Creating a pill that fights fat is no easy task and diet pills have historically made bad news for their adverse health consequences. Most weight-loss drugs can affect heart health in the long run, so drug developers have a high safety bar to clear. The last weight-loss medication to gain clearance in the US was Orlistat, in 1999, and today this is the only over-the-counter drug approved for long-term weight loss in the US; it is recommended by obesity experts in India too. “I prescribe Orlistat to two-three patients a day with a BMI over 27, who have some other weight-related condition such as diabetes or high blood pressure," says Dr Jha. He stresses that this pill is not for everyone. Also, it only helps a user lose 2-3kg a year, insignificant for those struggling with the complications of obesity.

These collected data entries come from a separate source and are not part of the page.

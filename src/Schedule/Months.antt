-- ===== src/Schedule/Months.antt =====
-- `nextMonthly` of backend/src/schedule-calculator.js. A date is the number of its month (twelve times
-- the year, and the month from 0 on), the day of the month from 1 on, and the milliseconds of the day.
-- The day is set to at most 28, so no setter runs over into the next month; an hour is below 24, so
-- none runs over into the next day.
use stellar_royalty_splitter.Prelude.{
  ℕ, ◌+◌, ◌*◌, ◌≡◌, refl, Bool, true, false, ◌&&◌, ◌||◌, min, max, ltb, leb, ◌==◌, nat_eq,
  if◌then◌else◌, Bool-cases, inl, inr, arith,
}

pub record Date : Type 0 where
  pub month : ℕ
  pub day : ℕ
  pub ms : ℕ

-- The comparison `<=` of dates.
abbrev pub at_most : Date → Date → Bool
at_most a b =
    ltb a.month b.month
    || (a.month == b.month && (ltb a.day b.day || (a.day == b.day && leb a.ms b.ms)))

abbrev pub clamped : ℕ → ℕ
clamped day_of_month = min (max day_of_month 1) 28

-- `nextMonthly`
unfoldable pub next_monthly : Date → ℕ → ℕ → Date
next_monthly now day_of_month hour =
    let candidate : Date = record {
      month = now.month;
      day = clamped day_of_month;
      ms = hour * 3600000;
    } in
    if at_most candidate now then record candidate { month = candidate.month + 1 } else candidate

-- The next monthly run lies ahead, on the given day of the month (moved into 1 to 28) at the given
-- hour, and no date ahead on that day and at that hour comes before it.
pub next_monthly_first :
    (now : Date) (day_of_month hour : ℕ)
    → let next = next_monthly now day_of_month hour in
      (at_most next now ≡ false)
      × (next.day ≡ clamped day_of_month)
      × (next.ms ≡ hour * 3600000)
      × ((other : Date)
          → other.day ≡ clamped day_of_month
          → other.ms ≡ hour * 3600000
          → at_most other now ≡ false
          → at_most next other ≡ true)
unfolding next_monthly
next_monthly_first now day_of_month hour =
    elim (Bool-cases (
      at_most (record { month = now.month; day = clamped day_of_month; ms = hour * 3600000 })
        now)) [
          | inl past ↦ rw past (ground arith, refl, refl, λ other d m ahead. ground arith)
          | inr ahead ↦ rw ahead (ground arith, refl, refl, λ other d m later. ground arith)
        ]
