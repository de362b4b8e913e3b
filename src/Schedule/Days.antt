-- ===== src/Schedule/Days.antt =====
-- `nextWeekly` and `nextInterval` of backend/src/schedule-calculator.js. An instant is the number of
-- its milliseconds from 1970 on, a Thursday; an hour is below 24. `Math.floor` of a negative quotient
-- is written out, for an anchor that lies ahead.
use stellar_royalty_splitter.Prelude.{
  ℕ, zero, suc, ◌+◌, ◌-◌, ◌*◌, ◌/◌, ◌%◌, ◌≤◌, ◌<◌, ◌≡◌, refl, sym, ◌∙◌, false, leb, if◌then◌else◌,
  Bool-cases, inl, inr, arith, ◌⊎◌,
}
use native.Mathlib.Nat.{lt-mul-div-succ, mul-div-le}
use mathlib.Core.Path.{subst}

abbrev pub day_ms : ℕ
day_ms = 86400000

abbrev pub day_of : ℕ → ℕ
day_of t = t / day_ms

-- `getUTCDay`
abbrev pub weekday : ℕ → ℕ
weekday day = (day + 4) % 7

-- `atHour`, on a day.
abbrev pub at_hour : ℕ → ℕ → ℕ
at_hour day hour = day * day_ms + hour * 3600000

-- `nextWeekly`
unfoldable pub next_weekly : ℕ → ℕ → ℕ → ℕ
next_weekly now day_of_week hour =
    let days_until = (day_of_week % 7 + 7 - weekday (day_of now)) % 7 in
    let candidate = at_hour (day_of now + days_until) hour in
    if leb candidate now then at_hour (day_of now + days_until + 7) hour else candidate

-- The day `anchor + (cyclesPassed + 1) * intervalDays`.
unfoldable pub next_cycle : ℕ → ℕ → ℕ → ℕ
next_cycle today anchor interval =
    if leb anchor today
    then anchor + ((today - anchor) / interval + 1) * interval
    else anchor - ((anchor - today + interval - 1) / interval - 1) * interval

-- `nextInterval`
unfoldable pub next_interval : ℕ → ℕ → ℕ → ℕ → ℕ
unfolding next_cycle
next_interval now anchor interval hour =
    let cycle = next_cycle (day_of now) (day_of anchor) interval in
    let candidate = at_hour cycle hour in
    if leb candidate now then at_hour (cycle + interval) hour else candidate

-- The time of day of an instant.
day_bounds : (t : ℕ) → (day_of t * day_ms ≤ t) × (t < day_of t * day_ms + day_ms)
day_bounds t = (omega arith, omega arith)

day_of-at_hour : (day hour : ℕ) → hour < 24 → day_of (at_hour day hour) ≡ day
day_of-at_hour day hour h = omega arith

until_weekday :
    (today day_of_week : ℕ)
    → let until = (day_of_week % 7 + 7 - weekday today) % 7 in
      (until < 7) × (weekday (today + until) ≡ day_of_week % 7)
until_weekday today day_of_week = (omega arith, omega arith)

same_weekday : (c day today : ℕ) → weekday c ≡ weekday day → c < today + 7 → today ≤ day → c ≤ day
same_weekday c day today same near late = omega arith

next_week : (c day : ℕ) → weekday c ≡ weekday day → c < day → c + 7 ≤ day
next_week c day same later = omega arith

at_hour_mono : (c day hour : ℕ) → c ≤ day → at_hour c hour ≤ at_hour day hour
at_hour_mono c day hour le = omega arith

at_hour_today : (now day hour : ℕ) → hour < 24 → now < at_hour day hour → day_of now ≤ day
at_hour_today now day hour h ahead = omega arith

-- What holds of the day that is chosen, among the days of a weekday.
abbrev First : ℕ → ℕ → ℕ → ℕ → Type 0
First now dow hour next =
    (now < next)
    × (next ≡ at_hour (day_of next) hour)
    × (weekday (day_of next) ≡ dow)
    × ((day : ℕ) → weekday day ≡ dow → now < at_hour day hour → next ≤ at_hour day hour)

chosen-First :
    (now dow hour c : ℕ)
    → hour < 24
    → day_of now ≤ c
    → c < day_of now + 7
    → weekday c ≡ dow
    → First now dow hour (if leb (at_hour c hour) now then at_hour (c + 7) hour else at_hour c hour)
chosen-First now dow hour c h low high is = elim (Bool-cases (leb (at_hour c hour) now)) [
  | inr ahead ↦
      rw (ahead, day_of-at_hour c hour h)
        (
          ground arith,
          refl,
          is,
          λ day same later. at_hour_mono c day hour (
              same_weekday c day (day_of now) (is ∙ sym same) high
                (at_hour_today now day hour h later)),
        )
  | inl past ↦
      rw (past, day_of-at_hour (c + 7) hour h)
        (
          omega (arith, day_bounds now),
          refl,
          omega (arith, is),
          λ day same later.
              let reached : at_hour c hour ≤ now = ground arith in
              let after : c < day = omega (arith, reached, later) in
              at_hour_mono (c + 7) day hour (next_week c day (is ∙ sym same) after),
        )
]

-- The next weekly run lies ahead, at the given hour of the given weekday, and no instant ahead at
-- that hour of that weekday comes before it.
pub next_weekly_first :
    (now day_of_week hour : ℕ)
    → hour < 24
    → let next = next_weekly now day_of_week hour in
      (now < next)
      × (next ≡ at_hour (day_of next) hour)
      × (weekday (day_of next) ≡ day_of_week % 7)
      × ((day : ℕ)
          → weekday day ≡ day_of_week % 7
          → now < at_hour day hour
          → next ≤ at_hour day hour)
unfolding next_weekly
next_weekly_first now day_of_week hour h =
    let (near, is) = until_weekday (day_of now) day_of_week in
    chosen-First now (day_of_week % 7) hour
      (day_of now + (day_of_week % 7 + 7 - weekday (day_of now)) % 7) h (omega arith)
      (omega (arith, near)) is

-- How many cycles a day is from the anchor, where both may come first.
abbrev pub OnCycle : ℕ → ℕ → ℕ → Type 0
OnCycle day anchor interval =
    (k : ℕ) × ((day ≡ anchor + k * interval) ⊎ (day + k * interval ≡ anchor))

abbrev NextCycle : ℕ → ℕ → ℕ → ℕ → Type 0
NextCycle today anchor interval c = (today < c) × (c ≤ today + interval) × OnCycle c anchor interval

quotient_pos : (m i q : ℕ) → i ≤ m → m < i * (q + 1) → 0 < q
quotient_pos m i zero le high = absurd (omega arith)
quotient_pos m i (suc q) le high = omega arith

begun-NextCycle :
    (today anchor i q : ℕ)
    → anchor ≤ today
    → i * q ≤ today - anchor
    → today - anchor < i * (q + 1)
    → NextCycle today anchor i (anchor + (q + 1) * i)
begun-NextCycle today anchor i q begun low high = (omega arith, omega arith, (q + 1, inl refl))

future-NextCycle :
    (today anchor i p : ℕ)
    → today < anchor
    → i * (p + 1) ≤ anchor - today + i - 1
    → anchor - today + i - 1 < i * (p + 1 + 1)
    → NextCycle today anchor i (anchor - p * i)
future-NextCycle today anchor i p ahead low high =
    (omega arith, omega arith, (p, inr (omega arith)))

next_cycle-NextCycle :
    (today anchor interval : ℕ)
    → 1 ≤ interval
    → NextCycle today anchor interval (next_cycle today anchor interval)
unfolding next_cycle
next_cycle-NextCycle today anchor interval some_days = elim (Bool-cases (leb anchor today)) [
  | inl begun ↦ rw begun (
      begun-NextCycle today anchor interval ((today - anchor) / interval) (ground arith)
        (mul-div-le (today - anchor) interval) (lt-mul-div-succ (today - anchor) some_days))
  | inr future ↦
      let m = anchor - today + interval - 1 in
      let ahead : today < anchor = ground arith in
      let low = mul-div-le m interval in
      let high = lt-mul-div-succ m some_days in
      let reaches : 0 < m / interval = quotient_pos m interval (m / interval) (omega arith) high in
      let whole : m / interval ≡ m / interval - 1 + 1 = omega arith in
      rw future (
        future-NextCycle today anchor interval (m / interval - 1) ahead
          (subst (λ q. interval * q ≤ m) whole low)
          (subst (λ q. m < interval * (q + 1)) whole high))
]

at_hour_later : (now c hour : ℕ) → day_of now < c → now < at_hour c hour
at_hour_later now c hour later = omega (arith, day_bounds now)

at_hour_ahead : (now c hour : ℕ) → day_of now < c → leb (at_hour c hour) now ≡ false
at_hour_ahead now c hour later = ground (arith, at_hour_later now c hour later)

-- The next run by an interval is at the given hour of a day of the cycle, and that day is the first
-- one of the cycle behind today: it comes within one interval, and never today, so that a run that is
-- still ahead today is passed over. An anchor that lies ahead does not hold the run back: its cycle
-- runs backwards from it too, and the run comes before the anchor where the anchor is further off than
-- one interval.
pub next_interval_cycle :
    (now anchor interval hour : ℕ)
    → hour < 24
    → 1 ≤ interval
    → let next = next_interval now anchor interval hour in
      (now < next)
      × (next ≡ at_hour (day_of next) hour)
      × (day_of now < day_of next)
      × (day_of next ≤ day_of now + interval)
      × OnCycle (day_of next) (day_of anchor) interval
unfolding next_interval
next_interval_cycle now anchor interval hour h some_days =
    let c = next_cycle (day_of now) (day_of anchor) interval in
    let (later, near, cycle) =
      next_cycle-NextCycle (day_of now) (day_of anchor) interval some_days in
    let ahead : leb (at_hour c hour) now ≡ false = at_hour_ahead now c hour later in
    rw (ahead, day_of-at_hour c hour h) (at_hour_later now c hour later, refl, later, near, cycle)
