-- ===== src/Schedule/Next.antt =====
-- `computeNextRun` of backend/src/schedule-calculator.js. The present time comes in its two readings,
-- as milliseconds and as a calendar date; so does the answer, by the type of the schedule.
use stellar_royalty_splitter.Prelude.{ℕ, String, Option, if◌then◌else◌, or_else, ◌==◌, string_eq}
use stellar_royalty_splitter.Schedule.Days.{next_weekly, next_interval}
use stellar_royalty_splitter.Schedule.Months.{Date, next_monthly}

pub record Schedule : Type 0 where
  pub type : String
  pub day_of_month : ℕ
  pub day_of_week : ℕ
  pub interval_days : Option ℕ
  pub anchor_date : Option ℕ
  pub hour_of_day : Option ℕ

pub record Now : Type 0 where
  pub ms : ℕ
  pub date : Date

pub data Next : Type 0 where
  at_date : Date → Next
  at_ms : ℕ → Next
  unknown_type : Next

-- `computeNextRun`
unfoldable pub compute_next_run : Schedule → Now → Next
compute_next_run s now =
    let hour = or_else s.hour_of_day 0 in
    let anchor = or_else s.anchor_date now.ms in
    if s.type == "monthly"
    then at_date (next_monthly now.date s.day_of_month hour)
    else (if s.type == "weekly"
        then at_ms (next_weekly now.ms s.day_of_week hour)
        else (if s.type == "biweekly"
            then at_ms (next_interval now.ms anchor 14 hour)
            else (if s.type == "custom"
                then at_ms (next_interval now.ms anchor (or_else s.interval_days 1) hour)
                else unknown_type)))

Orlistat prevents fat absorption in the body by inhibiting the gastric enzymes that help digest dietary fat. Research so far shows that though this has no life-threatening side effects, the gastrointestinal complications of these pills make it difficult for users to stick to their regime. “In the beginning, diarrhoea and oily stools bother people, though these tummy problems may reduce over time. But this affects compliance and many stop the pill as a consequence," explains Dr Jha. Orlistat should not be taken by anyone who suffers from malabsorption and nutritional deficiencies. “Orlistat is also avoidable for those who are anaemic or have vitamin B12 deficiency," cautions Dr Ahluwalia. Also, this drug has some uncomfortable side effects. “It prevents fat absorption from the food, and may lead to deficiencies. Since fat-soluble vitamins aren’t absorbed, a user may suffer diarrhoea too," says M.P. Sharma, internal medicine specialist, Rockland Hospital, Delhi. He stresses that Orlistat (known as Xenical in India) should be taken under medical supervision.
Another obesity pill, Sibutramine, came into the market in 1997, and doctors say this was quite popular. Though this was FDA-approved and widely prescribed in India, it was banned in 2010 owing to health-damaging side effects. “This led to high blood pressure and heart problems for some," says Dr Ahluwalia.
The new obesity medications too come with their own side effects. Qysmia and Belviq are prescription drugs, since they carry the risk of adverse health issues: Qysmia can increase the heart rate and will not be recommended for patients with heart disease while Belviq is associated with migraines and depression. Only time will prove whether their efficacy will override health concerns.
Ultimately, “no weight-loss medication can remedy a lifestyle problem. In the end, you will stay fat unless you make the changes you need to in your life," says Dr Ahluwalia.
The final verdict? Good eating habits and regular exercise remain the only healthy and effective way of losing that flab.